━━━ SUPPLIED RECORDS
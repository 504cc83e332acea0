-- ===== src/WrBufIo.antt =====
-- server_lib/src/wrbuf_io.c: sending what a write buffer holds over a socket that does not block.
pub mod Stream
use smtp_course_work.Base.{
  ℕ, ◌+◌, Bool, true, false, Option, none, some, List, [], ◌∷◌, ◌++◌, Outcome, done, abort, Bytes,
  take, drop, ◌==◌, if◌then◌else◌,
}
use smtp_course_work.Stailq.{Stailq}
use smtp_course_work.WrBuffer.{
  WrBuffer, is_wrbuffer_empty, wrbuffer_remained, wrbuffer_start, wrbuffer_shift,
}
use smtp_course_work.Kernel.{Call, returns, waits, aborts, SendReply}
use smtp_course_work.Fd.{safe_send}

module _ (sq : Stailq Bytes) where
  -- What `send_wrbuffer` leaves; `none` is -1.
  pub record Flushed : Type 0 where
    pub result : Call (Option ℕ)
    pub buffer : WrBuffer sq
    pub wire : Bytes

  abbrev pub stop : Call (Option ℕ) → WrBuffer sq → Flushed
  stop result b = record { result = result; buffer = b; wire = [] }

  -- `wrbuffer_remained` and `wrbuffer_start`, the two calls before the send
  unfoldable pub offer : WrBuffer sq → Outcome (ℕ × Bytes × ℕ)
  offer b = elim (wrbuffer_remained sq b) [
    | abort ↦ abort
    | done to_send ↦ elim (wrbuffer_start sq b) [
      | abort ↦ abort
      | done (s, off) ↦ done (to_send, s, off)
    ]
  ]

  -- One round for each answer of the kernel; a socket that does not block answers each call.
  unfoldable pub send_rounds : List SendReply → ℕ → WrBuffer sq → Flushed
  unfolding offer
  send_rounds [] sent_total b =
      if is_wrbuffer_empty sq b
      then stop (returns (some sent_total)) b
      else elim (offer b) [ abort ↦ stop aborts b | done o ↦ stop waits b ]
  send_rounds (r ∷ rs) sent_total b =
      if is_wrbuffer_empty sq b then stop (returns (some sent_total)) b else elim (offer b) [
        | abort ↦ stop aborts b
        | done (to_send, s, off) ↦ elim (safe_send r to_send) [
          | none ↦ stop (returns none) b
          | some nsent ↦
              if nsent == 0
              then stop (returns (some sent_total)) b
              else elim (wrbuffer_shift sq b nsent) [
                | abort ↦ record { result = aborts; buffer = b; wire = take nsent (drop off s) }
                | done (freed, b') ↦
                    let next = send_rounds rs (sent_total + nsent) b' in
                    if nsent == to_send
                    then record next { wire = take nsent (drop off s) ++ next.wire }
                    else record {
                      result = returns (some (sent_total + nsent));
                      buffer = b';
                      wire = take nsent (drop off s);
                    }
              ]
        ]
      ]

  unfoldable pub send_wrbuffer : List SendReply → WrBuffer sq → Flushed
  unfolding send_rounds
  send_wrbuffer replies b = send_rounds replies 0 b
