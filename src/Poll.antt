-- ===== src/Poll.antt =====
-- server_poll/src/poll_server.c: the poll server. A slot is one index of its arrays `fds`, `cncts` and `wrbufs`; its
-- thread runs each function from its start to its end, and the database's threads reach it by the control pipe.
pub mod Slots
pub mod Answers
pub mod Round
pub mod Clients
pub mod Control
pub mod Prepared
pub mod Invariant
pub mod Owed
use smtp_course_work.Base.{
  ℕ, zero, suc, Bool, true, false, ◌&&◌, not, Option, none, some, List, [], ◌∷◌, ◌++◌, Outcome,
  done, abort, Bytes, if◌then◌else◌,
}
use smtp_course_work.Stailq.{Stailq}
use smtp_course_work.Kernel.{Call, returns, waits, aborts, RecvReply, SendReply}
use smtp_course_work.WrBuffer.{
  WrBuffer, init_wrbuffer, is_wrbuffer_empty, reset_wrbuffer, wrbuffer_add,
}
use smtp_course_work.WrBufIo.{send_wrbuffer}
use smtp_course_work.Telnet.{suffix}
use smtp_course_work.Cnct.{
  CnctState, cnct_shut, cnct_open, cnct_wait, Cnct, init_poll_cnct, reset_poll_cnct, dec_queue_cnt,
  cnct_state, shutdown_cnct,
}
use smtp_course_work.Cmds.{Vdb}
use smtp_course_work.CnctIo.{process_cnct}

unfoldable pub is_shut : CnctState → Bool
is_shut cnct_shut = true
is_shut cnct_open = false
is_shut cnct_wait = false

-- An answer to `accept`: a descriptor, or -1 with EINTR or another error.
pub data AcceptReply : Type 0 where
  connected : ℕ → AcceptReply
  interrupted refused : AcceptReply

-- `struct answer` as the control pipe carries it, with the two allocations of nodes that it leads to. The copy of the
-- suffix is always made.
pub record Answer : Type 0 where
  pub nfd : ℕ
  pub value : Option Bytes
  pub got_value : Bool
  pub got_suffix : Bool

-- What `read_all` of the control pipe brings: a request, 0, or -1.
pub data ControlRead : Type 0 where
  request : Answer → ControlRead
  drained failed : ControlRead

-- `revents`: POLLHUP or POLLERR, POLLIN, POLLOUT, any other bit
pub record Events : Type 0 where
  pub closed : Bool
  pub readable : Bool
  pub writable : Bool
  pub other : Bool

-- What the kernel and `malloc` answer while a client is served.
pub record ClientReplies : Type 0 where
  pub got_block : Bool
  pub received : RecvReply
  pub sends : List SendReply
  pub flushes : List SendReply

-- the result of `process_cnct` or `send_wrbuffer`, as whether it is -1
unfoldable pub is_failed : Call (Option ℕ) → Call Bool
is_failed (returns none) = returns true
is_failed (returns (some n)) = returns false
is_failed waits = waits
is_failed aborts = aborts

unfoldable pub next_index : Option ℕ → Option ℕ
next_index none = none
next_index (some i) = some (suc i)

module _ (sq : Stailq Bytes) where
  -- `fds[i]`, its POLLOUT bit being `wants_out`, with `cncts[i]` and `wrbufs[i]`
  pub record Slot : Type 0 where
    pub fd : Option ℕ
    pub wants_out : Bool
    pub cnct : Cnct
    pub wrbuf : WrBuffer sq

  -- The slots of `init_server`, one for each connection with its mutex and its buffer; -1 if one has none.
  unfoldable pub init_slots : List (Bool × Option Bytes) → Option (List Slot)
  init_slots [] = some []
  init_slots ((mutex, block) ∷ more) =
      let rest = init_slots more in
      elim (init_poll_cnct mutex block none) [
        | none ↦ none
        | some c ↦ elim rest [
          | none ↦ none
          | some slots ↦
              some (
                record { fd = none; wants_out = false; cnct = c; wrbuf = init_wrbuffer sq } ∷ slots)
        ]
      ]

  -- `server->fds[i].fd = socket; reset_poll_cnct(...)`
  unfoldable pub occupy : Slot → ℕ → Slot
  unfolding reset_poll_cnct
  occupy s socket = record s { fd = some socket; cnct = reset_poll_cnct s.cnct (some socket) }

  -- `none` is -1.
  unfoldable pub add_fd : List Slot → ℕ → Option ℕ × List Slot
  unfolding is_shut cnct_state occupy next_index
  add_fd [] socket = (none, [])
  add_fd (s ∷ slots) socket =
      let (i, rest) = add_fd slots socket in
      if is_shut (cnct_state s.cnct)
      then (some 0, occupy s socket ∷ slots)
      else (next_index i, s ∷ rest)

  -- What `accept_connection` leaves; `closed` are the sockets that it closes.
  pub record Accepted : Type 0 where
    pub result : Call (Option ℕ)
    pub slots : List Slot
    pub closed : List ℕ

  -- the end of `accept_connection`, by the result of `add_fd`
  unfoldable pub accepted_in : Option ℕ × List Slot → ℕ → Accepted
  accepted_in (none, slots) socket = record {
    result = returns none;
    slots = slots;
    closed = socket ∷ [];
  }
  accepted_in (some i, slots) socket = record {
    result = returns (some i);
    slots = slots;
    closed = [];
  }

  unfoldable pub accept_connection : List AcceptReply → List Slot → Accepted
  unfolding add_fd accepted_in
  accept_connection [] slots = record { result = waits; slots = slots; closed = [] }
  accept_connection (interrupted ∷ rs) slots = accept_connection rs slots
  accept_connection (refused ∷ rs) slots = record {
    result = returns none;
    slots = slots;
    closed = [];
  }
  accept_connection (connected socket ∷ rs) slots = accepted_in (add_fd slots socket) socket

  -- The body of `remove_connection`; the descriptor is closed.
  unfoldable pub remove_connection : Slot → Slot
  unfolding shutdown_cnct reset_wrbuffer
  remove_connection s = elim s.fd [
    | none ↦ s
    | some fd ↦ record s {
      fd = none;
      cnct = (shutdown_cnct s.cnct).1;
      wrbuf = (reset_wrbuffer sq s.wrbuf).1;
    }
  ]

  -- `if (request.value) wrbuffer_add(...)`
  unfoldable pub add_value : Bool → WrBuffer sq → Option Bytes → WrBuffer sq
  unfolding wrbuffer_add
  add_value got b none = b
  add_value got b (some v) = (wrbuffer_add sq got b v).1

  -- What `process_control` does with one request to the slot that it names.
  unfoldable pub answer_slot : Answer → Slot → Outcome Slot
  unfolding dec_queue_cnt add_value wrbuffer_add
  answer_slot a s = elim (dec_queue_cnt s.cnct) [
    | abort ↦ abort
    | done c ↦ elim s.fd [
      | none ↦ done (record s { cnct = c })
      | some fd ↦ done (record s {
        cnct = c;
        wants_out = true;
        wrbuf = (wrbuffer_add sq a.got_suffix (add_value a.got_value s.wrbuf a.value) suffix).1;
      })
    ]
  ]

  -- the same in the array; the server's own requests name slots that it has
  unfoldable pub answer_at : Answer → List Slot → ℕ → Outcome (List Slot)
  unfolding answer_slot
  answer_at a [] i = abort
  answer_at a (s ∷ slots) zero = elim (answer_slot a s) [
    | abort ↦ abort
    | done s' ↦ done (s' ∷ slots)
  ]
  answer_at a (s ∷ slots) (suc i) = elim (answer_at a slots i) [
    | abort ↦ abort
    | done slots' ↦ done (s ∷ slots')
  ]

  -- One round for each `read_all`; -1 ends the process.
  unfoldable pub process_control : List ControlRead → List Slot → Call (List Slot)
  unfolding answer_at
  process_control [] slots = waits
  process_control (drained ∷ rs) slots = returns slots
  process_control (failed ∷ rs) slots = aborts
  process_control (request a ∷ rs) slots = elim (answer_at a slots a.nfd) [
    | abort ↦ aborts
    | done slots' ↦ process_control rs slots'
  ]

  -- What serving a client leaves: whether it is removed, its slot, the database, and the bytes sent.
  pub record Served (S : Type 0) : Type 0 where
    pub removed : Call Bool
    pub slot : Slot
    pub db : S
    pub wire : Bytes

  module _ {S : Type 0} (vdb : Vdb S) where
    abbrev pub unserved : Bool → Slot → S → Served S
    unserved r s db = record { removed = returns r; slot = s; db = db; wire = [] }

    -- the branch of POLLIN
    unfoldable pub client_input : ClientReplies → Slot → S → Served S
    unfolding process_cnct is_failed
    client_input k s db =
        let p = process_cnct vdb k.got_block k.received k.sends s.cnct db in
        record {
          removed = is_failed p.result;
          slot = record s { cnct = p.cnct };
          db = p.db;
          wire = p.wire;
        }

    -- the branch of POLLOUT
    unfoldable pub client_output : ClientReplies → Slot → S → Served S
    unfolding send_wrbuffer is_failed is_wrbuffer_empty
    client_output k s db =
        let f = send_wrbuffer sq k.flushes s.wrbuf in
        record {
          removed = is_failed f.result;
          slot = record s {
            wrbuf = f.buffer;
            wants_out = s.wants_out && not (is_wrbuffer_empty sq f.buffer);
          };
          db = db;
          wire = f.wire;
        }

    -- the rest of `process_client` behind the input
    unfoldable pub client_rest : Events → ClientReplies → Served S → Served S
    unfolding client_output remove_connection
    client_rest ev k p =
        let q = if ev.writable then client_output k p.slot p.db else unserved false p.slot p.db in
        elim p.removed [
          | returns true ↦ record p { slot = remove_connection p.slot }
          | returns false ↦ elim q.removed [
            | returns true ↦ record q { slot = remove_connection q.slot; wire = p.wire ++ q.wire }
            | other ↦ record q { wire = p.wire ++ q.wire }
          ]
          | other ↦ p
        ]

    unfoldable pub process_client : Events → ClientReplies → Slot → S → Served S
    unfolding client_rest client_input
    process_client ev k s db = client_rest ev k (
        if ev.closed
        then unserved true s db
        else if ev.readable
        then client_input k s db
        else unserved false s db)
━━━━━━
- [TASK DIRECTIONS]
Show all lines in the entries above where the string "true" appears.

- [SOLVED PROBLEM]
  ℕ, ◌+◌, Bool, true, false, Option, none, some, List, [], ◌∷◌, ◌++◌, Outcome, done, abort, Bytes,
  ℕ, zero, suc, Bool, true, false, ◌&&◌, not, Option, none, some, List, [], ◌∷◌, ◌++◌, Outcome,
is_shut cnct_shut = true
is_failed (returns none) = returns true
        wants_out = true;
          | returns true ↦ record p { slot = remove_connection p.slot }
            | returns true ↦ record q { slot = remove_connection q.slot; wire = p.wire ++ q.wire }
        then unserved true s db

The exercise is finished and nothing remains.